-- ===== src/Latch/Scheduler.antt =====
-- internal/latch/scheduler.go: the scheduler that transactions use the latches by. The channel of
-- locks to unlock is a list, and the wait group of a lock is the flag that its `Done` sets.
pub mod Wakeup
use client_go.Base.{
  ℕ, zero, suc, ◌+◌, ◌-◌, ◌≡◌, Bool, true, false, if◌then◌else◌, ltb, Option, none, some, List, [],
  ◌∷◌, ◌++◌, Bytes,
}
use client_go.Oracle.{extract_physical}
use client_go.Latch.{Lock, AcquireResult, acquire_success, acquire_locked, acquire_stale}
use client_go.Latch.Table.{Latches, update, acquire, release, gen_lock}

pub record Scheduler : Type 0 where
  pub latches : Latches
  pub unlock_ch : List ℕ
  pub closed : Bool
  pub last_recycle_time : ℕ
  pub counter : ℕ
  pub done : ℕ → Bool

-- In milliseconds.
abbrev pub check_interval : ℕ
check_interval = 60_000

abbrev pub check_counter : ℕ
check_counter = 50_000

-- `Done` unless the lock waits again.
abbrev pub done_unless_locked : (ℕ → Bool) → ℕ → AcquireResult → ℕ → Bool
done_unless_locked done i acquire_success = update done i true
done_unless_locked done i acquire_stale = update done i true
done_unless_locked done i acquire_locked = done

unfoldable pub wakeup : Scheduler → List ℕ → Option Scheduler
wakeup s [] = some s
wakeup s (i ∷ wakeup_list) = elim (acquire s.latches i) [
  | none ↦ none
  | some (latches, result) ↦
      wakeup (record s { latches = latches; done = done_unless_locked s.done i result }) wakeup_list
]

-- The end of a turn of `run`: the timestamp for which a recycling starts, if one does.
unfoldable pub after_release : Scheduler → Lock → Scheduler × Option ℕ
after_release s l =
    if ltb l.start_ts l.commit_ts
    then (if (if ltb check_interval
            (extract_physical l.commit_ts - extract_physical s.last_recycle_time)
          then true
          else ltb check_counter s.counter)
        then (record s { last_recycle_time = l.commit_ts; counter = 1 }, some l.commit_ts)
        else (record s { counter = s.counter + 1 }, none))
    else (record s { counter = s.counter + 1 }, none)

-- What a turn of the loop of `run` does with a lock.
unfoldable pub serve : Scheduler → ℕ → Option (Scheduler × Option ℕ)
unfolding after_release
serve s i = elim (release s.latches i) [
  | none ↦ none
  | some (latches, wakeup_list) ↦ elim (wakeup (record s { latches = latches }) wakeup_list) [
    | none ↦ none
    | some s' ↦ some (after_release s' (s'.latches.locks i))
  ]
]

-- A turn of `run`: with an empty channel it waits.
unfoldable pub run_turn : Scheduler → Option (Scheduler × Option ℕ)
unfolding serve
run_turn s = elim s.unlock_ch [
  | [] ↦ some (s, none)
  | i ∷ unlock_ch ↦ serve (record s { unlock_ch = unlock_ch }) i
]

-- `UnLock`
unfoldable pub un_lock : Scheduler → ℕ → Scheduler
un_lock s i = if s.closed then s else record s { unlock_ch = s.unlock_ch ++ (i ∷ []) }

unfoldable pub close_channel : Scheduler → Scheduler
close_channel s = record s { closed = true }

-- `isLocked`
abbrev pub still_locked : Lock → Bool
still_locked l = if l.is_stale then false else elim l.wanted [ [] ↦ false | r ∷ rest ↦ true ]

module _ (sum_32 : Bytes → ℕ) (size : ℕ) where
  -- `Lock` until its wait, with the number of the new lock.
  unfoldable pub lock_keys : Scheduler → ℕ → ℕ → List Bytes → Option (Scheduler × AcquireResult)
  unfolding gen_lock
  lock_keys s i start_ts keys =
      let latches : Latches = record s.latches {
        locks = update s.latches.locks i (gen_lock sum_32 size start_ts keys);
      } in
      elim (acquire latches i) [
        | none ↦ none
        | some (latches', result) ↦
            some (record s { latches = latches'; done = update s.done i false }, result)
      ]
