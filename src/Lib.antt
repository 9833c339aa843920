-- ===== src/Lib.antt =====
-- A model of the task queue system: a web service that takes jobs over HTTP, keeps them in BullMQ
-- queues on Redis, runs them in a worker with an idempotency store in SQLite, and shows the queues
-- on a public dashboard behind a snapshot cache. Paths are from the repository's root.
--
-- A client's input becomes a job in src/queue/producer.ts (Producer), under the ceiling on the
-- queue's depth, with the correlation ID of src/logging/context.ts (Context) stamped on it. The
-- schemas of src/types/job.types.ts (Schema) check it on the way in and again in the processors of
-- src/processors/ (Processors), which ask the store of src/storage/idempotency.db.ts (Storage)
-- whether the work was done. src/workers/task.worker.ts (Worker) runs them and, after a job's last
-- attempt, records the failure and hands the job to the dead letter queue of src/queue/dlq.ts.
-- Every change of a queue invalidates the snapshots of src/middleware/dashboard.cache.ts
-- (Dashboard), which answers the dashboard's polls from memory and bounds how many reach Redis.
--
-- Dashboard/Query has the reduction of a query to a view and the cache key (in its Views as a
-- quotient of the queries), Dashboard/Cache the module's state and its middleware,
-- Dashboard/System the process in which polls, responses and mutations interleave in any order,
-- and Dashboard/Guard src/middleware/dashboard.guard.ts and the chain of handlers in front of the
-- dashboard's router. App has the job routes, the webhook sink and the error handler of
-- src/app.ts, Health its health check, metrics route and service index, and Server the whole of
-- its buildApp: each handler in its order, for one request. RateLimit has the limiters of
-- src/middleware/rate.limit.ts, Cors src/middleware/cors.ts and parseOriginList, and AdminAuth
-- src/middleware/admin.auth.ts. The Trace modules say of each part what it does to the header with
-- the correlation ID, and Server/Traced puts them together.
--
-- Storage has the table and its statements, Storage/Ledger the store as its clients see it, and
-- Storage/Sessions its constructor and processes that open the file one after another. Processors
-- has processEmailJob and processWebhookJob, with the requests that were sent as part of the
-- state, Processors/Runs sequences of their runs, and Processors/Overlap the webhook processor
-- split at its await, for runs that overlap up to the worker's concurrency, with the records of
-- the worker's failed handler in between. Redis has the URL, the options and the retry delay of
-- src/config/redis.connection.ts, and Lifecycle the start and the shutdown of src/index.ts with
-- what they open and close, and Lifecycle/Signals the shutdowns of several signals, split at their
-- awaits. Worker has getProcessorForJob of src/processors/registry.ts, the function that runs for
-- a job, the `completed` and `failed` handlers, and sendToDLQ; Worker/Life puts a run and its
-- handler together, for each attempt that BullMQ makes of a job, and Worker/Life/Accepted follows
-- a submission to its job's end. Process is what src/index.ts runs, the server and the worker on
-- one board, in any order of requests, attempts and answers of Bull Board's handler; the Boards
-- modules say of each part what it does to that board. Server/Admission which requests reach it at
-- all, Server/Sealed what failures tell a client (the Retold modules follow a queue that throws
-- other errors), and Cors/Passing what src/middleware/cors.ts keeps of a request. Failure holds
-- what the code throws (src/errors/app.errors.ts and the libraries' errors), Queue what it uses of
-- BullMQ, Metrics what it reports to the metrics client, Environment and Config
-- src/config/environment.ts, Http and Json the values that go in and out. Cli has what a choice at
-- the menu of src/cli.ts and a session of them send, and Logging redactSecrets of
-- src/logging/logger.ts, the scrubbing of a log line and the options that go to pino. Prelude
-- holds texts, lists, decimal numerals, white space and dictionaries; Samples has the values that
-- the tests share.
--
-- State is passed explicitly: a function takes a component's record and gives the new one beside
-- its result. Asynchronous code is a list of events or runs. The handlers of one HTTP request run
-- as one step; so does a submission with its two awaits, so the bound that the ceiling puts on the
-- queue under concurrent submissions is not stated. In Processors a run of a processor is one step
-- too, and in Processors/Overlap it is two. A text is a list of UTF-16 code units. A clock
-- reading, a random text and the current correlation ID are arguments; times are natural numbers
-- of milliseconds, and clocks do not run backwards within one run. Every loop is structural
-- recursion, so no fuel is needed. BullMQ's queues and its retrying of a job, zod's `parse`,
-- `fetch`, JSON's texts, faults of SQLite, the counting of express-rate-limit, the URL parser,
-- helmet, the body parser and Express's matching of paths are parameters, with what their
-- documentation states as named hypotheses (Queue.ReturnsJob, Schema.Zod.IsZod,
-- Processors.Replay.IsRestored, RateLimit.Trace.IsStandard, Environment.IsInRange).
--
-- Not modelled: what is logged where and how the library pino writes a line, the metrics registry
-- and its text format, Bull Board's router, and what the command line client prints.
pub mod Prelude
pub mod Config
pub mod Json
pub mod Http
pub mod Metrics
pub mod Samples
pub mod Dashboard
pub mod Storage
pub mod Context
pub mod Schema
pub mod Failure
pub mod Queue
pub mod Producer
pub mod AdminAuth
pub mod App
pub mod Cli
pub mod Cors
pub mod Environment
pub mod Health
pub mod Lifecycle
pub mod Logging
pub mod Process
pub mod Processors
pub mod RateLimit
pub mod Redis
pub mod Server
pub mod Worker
····················
• PROBLEM DETAILS: Taking the records above as a whole, work out how many of their lines hold the word "unfolding". The reply should be that number alone.

• RESULT BELOW: 3